*** Opening STORED DATA ***
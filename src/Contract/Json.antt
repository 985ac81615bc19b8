-- ===== src/Contract/Json.antt =====
-- internal/contract/jsonscan.go: the strict scan of one JSON document. The loops recur on fuel.
use ssemaphore.Prelude.{
  ℕ, zero, suc, ◌+◌, ◌*◌, Bool, true, false, Option, none, some, List, [], ◌∷◌, ◌==◌, ltb,
  if◌then◌else◌, length,
}
use ssemaphore.Contract.Reason.{Reason, malformed_json, trailing_json, duplicate_key, nesting_limit}
use ssemaphore.Contract.Decoding.{
  JsonToken, delim, text, number, flag, null, JsonDecoder, Scan, M, has_key, as_text, token, more,
  close, raw_token,
}
use ssemaphore.Contract.Course.{Step, ◌>>=◌, pure, refuse}

abbrev pub max_json_depth : ℕ
max_json_depth = 32

-- What follows the first token of a value, given the loops over an object and an array.
abbrev pub scan_rest : {S : Type 0} → JsonToken → M S (Unit {0}) → M S (Unit {0}) → M S (Unit {0})
scan_rest (delim c) fields items =
    if c == b'{' then fields else if c == b'[' then items else refuse malformed_json
scan_rest (text t) fields items = pure tt
scan_rest (number n) fields items = pure tt
scan_rest (flag b) fields items = pure tt
scan_rest null fields items = pure tt

module _ {S : Type 0} (j : JsonDecoder S) (ctx : ℕ → Bool) (maximum : ℕ) where
  unfoldable mutual
    pub scan_value : ℕ → ℕ → M S (Unit {0})
    scan_value zero depth = λ s. none
    scan_value (suc f) depth =
        if ltb maximum depth
        then refuse nesting_limit
        else (token j ctx malformed_json >>= λ t.
            scan_rest t (scan_fields f depth []) (scan_items f depth))

    -- The loop over an object, with the keys seen.
    pub scan_fields : ℕ → ℕ → List (List ℕ) → M S (Unit {0})
    scan_fields zero depth keys = λ s. none
    scan_fields (suc f) depth keys = more j ctx >>= λ m.
        if m
        then (token j ctx malformed_json >>= λ t.
            (as_text malformed_json t >>= λ k.
            if has_key k keys
            then refuse duplicate_key
            else (scan_value f (depth + 1) >>= λ _. scan_fields f depth (k ∷ keys))))
        else close j ctx malformed_json b'}'

    -- The loop over an array.
    pub scan_items : ℕ → ℕ → M S (Unit {0})
    scan_items zero depth = λ s. none
    scan_items (suc f) depth = more j ctx >>= λ m.
        if m
        then (scan_value f (depth + 1) >>= λ _. scan_items f depth)
        else close j ctx malformed_json b']'

-- How a document ends, after its one value: `eof` is io.EOF, and `error` any other.
pub data Tail : Type 0 where
  eof error : Tail
  another : JsonToken → Tail

-- The error of a call is io.EOF where the context was not the cause and the input was at its end.
abbrev pub tail_from : Option JsonToken → Bool → Bool → Tail
tail_from (some t) gone at_end = another t
tail_from none true at_end = error
tail_from none false true = eof
tail_from none false false = error

abbrev pub end_document : {S : Type 0} → Tail → M S (Unit {0})
end_document eof = pure tt
end_document (another t) = refuse trailing_json
end_document error = refuse malformed_json

module _ {S : Type 0} (j : JsonDecoder S) (ctx : ℕ → Bool) where
  unfoldable pub tail_of : Scan S → Tail
  unfolding raw_token
  tail_of s = tail_from (raw_token j ctx s).0 (ctx s.reads) (j.at_end s.decoder)

  unfoldable pub end_scan : M S (Unit {0})
  unfolding tail_of
  end_scan s = end_document (tail_of s) (raw_token j ctx s).1

  -- Each token takes a byte at least, and two steps at most are made between two tokens.
  unfoldable pub validate_json_document : ℕ → List ℕ → ℕ → Option (Step Reason (Unit {0}) × Scan S)
  unfolding end_scan
  validate_json_document maximum body reads =
      let s : Scan S = record { decoder = j.start body; reads = reads } in
      (scan_value j ctx maximum (suc (2 * length body)) 1 >>= λ _. end_scan) s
*** Closing STORED DATA ***
### REQUIRED ACTION
With the first line being the one containing "-- The loop over an array." and the last line the one containing "tail_from (some t) gone at_end = another t", transcribe exactly the lines above that fall in that range.

### TASK SOLUTION
    -- The loop over an array.
    pub scan_items : ℕ → ℕ → M S (Unit {0})
    scan_items zero depth = λ s. none
    scan_items (suc f) depth = more j ctx >>= λ m.
        if m
        then (scan_value f (depth + 1) >>= λ _. scan_items f depth)
        else close j ctx malformed_json b']'

-- How a document ends, after its one value: `eof` is io.EOF, and `error` any other.
pub data Tail : Type 0 where
  eof error : Tail
  another : JsonToken → Tail

-- The error of a call is io.EOF where the context was not the cause and the input was at its end.
abbrev pub tail_from : Option JsonToken → Bool → Bool → Tail
tail_from (some t) gone at_end = another t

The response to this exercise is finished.